Author:E.C.R. Lorac [Lorac, E. C. R.]
Language: eng
Format: epub
Tags: Fiction, Mystery, murder
Publisher: Alien Ebooks
Published: 1940-07-14T00:00:00+00:00


CHAPTER TEN

Macdonald’s inquiries after he left Smith’s garage, were of the nature called “routine.” The point which he had established when he proved his surmise that Morton Conyers had put in at Smith’s garage for petrol was a very important one. It satisfied him that Braid was telling the truth in his evidence concerning the shortage of petrol in the tank of the Daimler, and it also satisfied Macdonald that Braid was guiltless of tampering with the Daimler’s exhaust. If the latter had been the case, Braid would have seen to it that there was plenty of petrol in the Daimler on Thursday night in order to remove the necessity of Conyers’ calling at a garage, where the escape of exhaust gas might have been noticed by an alert garage man.

Having eliminated certain possibilities, Macdonald also established others—notably that Lewis Conyers had deliberately followed his father, having pulled up while Conyers loitered outside Smith’s house, sounding his Klaxon to attract Linda Smith’s attention, were she in the house.

At this stage in his inquiries, suspicion could be regarded as equally balanced between Lewis Conyers and Elsom—as the guilt might well be shared between them.
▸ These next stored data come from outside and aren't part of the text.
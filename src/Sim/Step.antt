-- ===== src/Sim/Step.antt =====
-- A step of the simulation with a script that answers properly.
use profi_lua.Base.{
  ℕ, zero, suc, ◌-◌, ◌+◌, ◌≤◌, ◌<◌, ◌≡◌, ◌∙◌, refl, Bool, true, false, not, ◌&&◌, some, List, [],
  ◌∷◌, ltb, ◌==◌, if◌then◌else◌, arith, ok, pos,
}
use profi_lua.Lua.{Lua, Value, Number, int}
use profi_lua.Lua.Stack.{Pushed, value, new_table}
use profi_lua.Sim.State.{Name, Script, Vm, Sim}
use profi_lua.Sim.Outputs.{input_entries, push_inputs}
use profi_lua.Sim.Calculate.{step, show_console, c_calculate_ex, calculate_results, wants_console}
use profi_lua.Sim.Results.{Fits, new_outputs, new_strings, read_outputs-read_back}

-- The keys and values of the table that a script gets: texts for the inputs whose name is marked,
-- and numbers for the others.
abbrev pub inputs_of :
    (marker : ℕ → Bool) (text : ℕ → Value) (input : ℕ → Number) (count i : ℕ) → List (Value × Value)
inputs_of marker text input zero i = []
inputs_of marker text input (suc count) i =
    (int (pos i), if marker i then text i else Value.number (input i))
    ∷ inputs_of marker text input count (suc i)

module _ {W : Type 0} where
  input_entries-inputs_of :
      (text : ℕ → Value) (input : ℕ → Number) (count i : ℕ) (s : Sim W)
      → i + count ≤ 100
      → input_entries text input count i s ≡ ok (inputs_of s.in_marker text input count i) s
  unfolding input_entries
  input_entries-inputs_of text input zero i s bound = refl
  input_entries-inputs_of text input (suc count) i s bound =
      let lt : ltb i 100 ≡ true = ground arith in
      rw (lt, input_entries-inputs_of text input count (suc i) s (omega arith))

  pub push_inputs-inputs_of :
      (text : ℕ → Value) (input : ℕ → Number) (s : Sim W) (vm : Vm W)
      → s.lua ≡ some vm
      → 1 ≤ s.num_inputs
      → s.num_inputs ≤ 100
      → push_inputs text input s
        ≡ ok tt (record s {
          lua = some (record vm {
            stack = new_table (inputs_of s.in_marker text input (s.num_inputs - 1) 1) ∷ vm.stack;
          });
        })
  unfolding push_inputs
  push_inputs-inputs_of text input s vm is_open some_in few_in =
      let ne : (s.num_inputs == 0) ≡ false = ground arith in
      rw (ne, input_entries-inputs_of text input (s.num_inputs - 1) 1 s (omega arith), is_open)

  abbrev pub in_step : (s : Sim W) (input : ℕ → Number) → Pushed
  in_step s input =
      new_table (inputs_of s.in_marker (λ i. Value.string (s.strings i)) input (s.num_inputs - 1) 1)

  -- A proper answer of a script in the state `w`: `gCalculate` is a function that takes the inputs
  -- and returns the table `t`, which has a value of its kind for each output.
  pub record Answers (lua : Lua) (script : Script W) (s : Sim W) (input : ℕ → Number) (w : W)
      (t : ℕ) (w' : W) : Type 0 where
    pub function : ℕ
    pub defined : script.global Name.calculate w ≡ Value.function function
    pub answer : script.call function (in_step s input) w ≡ some (Value.table t, w')
    pub fits :
        (m : ℕ) → 1 ≤ m → m < 1 + (s.num_outputs - 1) → Fits lua script t w' (s.out_marker m) m

  -- The state after a proper step.
  abbrev pub stepped : Lua → Script W → Sim W → List Pushed → ℕ → W → Sim W
  stepped lua script s stack t w' = record s {
    lua = some (record { stack = stack; world = w' });
    output = new_outputs lua script t w' 1 (s.num_outputs - 1) s;
    strings = new_strings lua script t w' 1 (s.num_outputs - 1) s;
  }

  module _ (lua : Lua) (script : Script W) (s : Sim W) (input : ℕ → Number) (stack : List Pushed)
      (w w' : W) (t : ℕ) where
    pub step-stepped :
        s.error ≡ false
        → s.lua ≡ some (record { stack = stack; world = w })
        → 1 ≤ s.num_inputs
        → s.num_inputs ≤ 100
        → s.num_outputs ≤ 100
        → Answers lua script s input w t w'
        → step lua script input s ≡ ok tt (stepped lua script s stack t w')
    unfolding step push_inputs calculate_results
    step-stepped no_error is_open some_in few_in few_out a = rw (
      no_error,
      is_open,
      a.defined,
      push_inputs-inputs_of (λ i. Value.string (s.strings i)) input
          (record s {
            lua = some (record { stack = value (Value.function a.function) ∷ stack; world = w });
            error = false;
          })
          (record { stack = value (Value.function a.function) ∷ stack; world = w }) refl some_in
          few_in,
      a.answer,
      read_outputs-read_back lua script t w' (s.num_outputs - 1) 1
          (record s {
            lua = some (record { stack = value (Value.table t) ∷ stack; world = w' });
            error = false;
          })
          stack refl (ground arith) a.fits,
    )

    only_step :
        s.override ≡ false
        → wants_console input && not s.console ≡ false
        → s.console && (s.console_top == 0) ≡ false
        → c_calculate_ex lua script input s ≡ step lua script input s
    unfolding c_calculate_ex show_console
    only_step started no_console no_top = rw (started, no_console, no_top)

    -- `CCalculateEx` in a simulation that has started, with no change of the console, when the
    -- script's `gCalculate` is a function that takes the table of inputs and returns a table with a
    -- number for each output, or a string for one whose name is marked: every output gets its
    -- entry, no error is set, and the Lua stack is as before the step. There are at most 100 pins
    -- of each kind, and at least the console input.
    pub c_calculate_ex-stepped :
        s.error ≡ false
        → s.override ≡ false
        → wants_console input && not s.console ≡ false
        → s.console && (s.console_top == 0) ≡ false
        → s.lua ≡ some (record { stack = stack; world = w })
        → 1 ≤ s.num_inputs
        → s.num_inputs ≤ 100
        → s.num_outputs ≤ 100
        → Answers lua script s input w t w'
        → c_calculate_ex lua script input s ≡ ok tt (stepped lua script s stack t w')
    c_calculate_ex-stepped no_error started no_console no_top is_open some_in few_in few_out a =
        only_step started no_console no_top ∙ step-stepped no_error is_open some_in few_in few_out a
Macdonald left the garage with a lively interest in his next step—that of proving—or disproving—whether Morton Conyers’ car had been seen farther afield than Dyke’s Corner. The chief inspector was in possession of the many rumours reported to Superintendent Webber, in which the Daimler had been seen by more than a dozen witnesses in the district. That most of these witnesses were unreliable was patent, as their reports would have proved the Daimler to be in at least four improbable places, some miles distant, almost at the same moment. Every police case produces misleading evidence of this kind, and Thursday night was complicated by the fact that a lot of cars had been on the roads around Strand owing to the Hunt Ball.

Macdonald was a good hand at interrogating country folk. He talked to cottagers, to farmers, to roadmen, to roundsmen. He learnt who was ill, who was courting, who was out of work, who was prosperous. He found that old Mrs. Speed had died on Thursday night—and the doctor had been at the Hunt Ball—not that it mattered, poor soul, it was her third stroke anyway. Mrs. Bates, at Chilton on the Green, had had her first baby Thursday night, and the district nurse had had to cycle through all that rain from Strand to Chilton—drenched she was, too, poor thing . . .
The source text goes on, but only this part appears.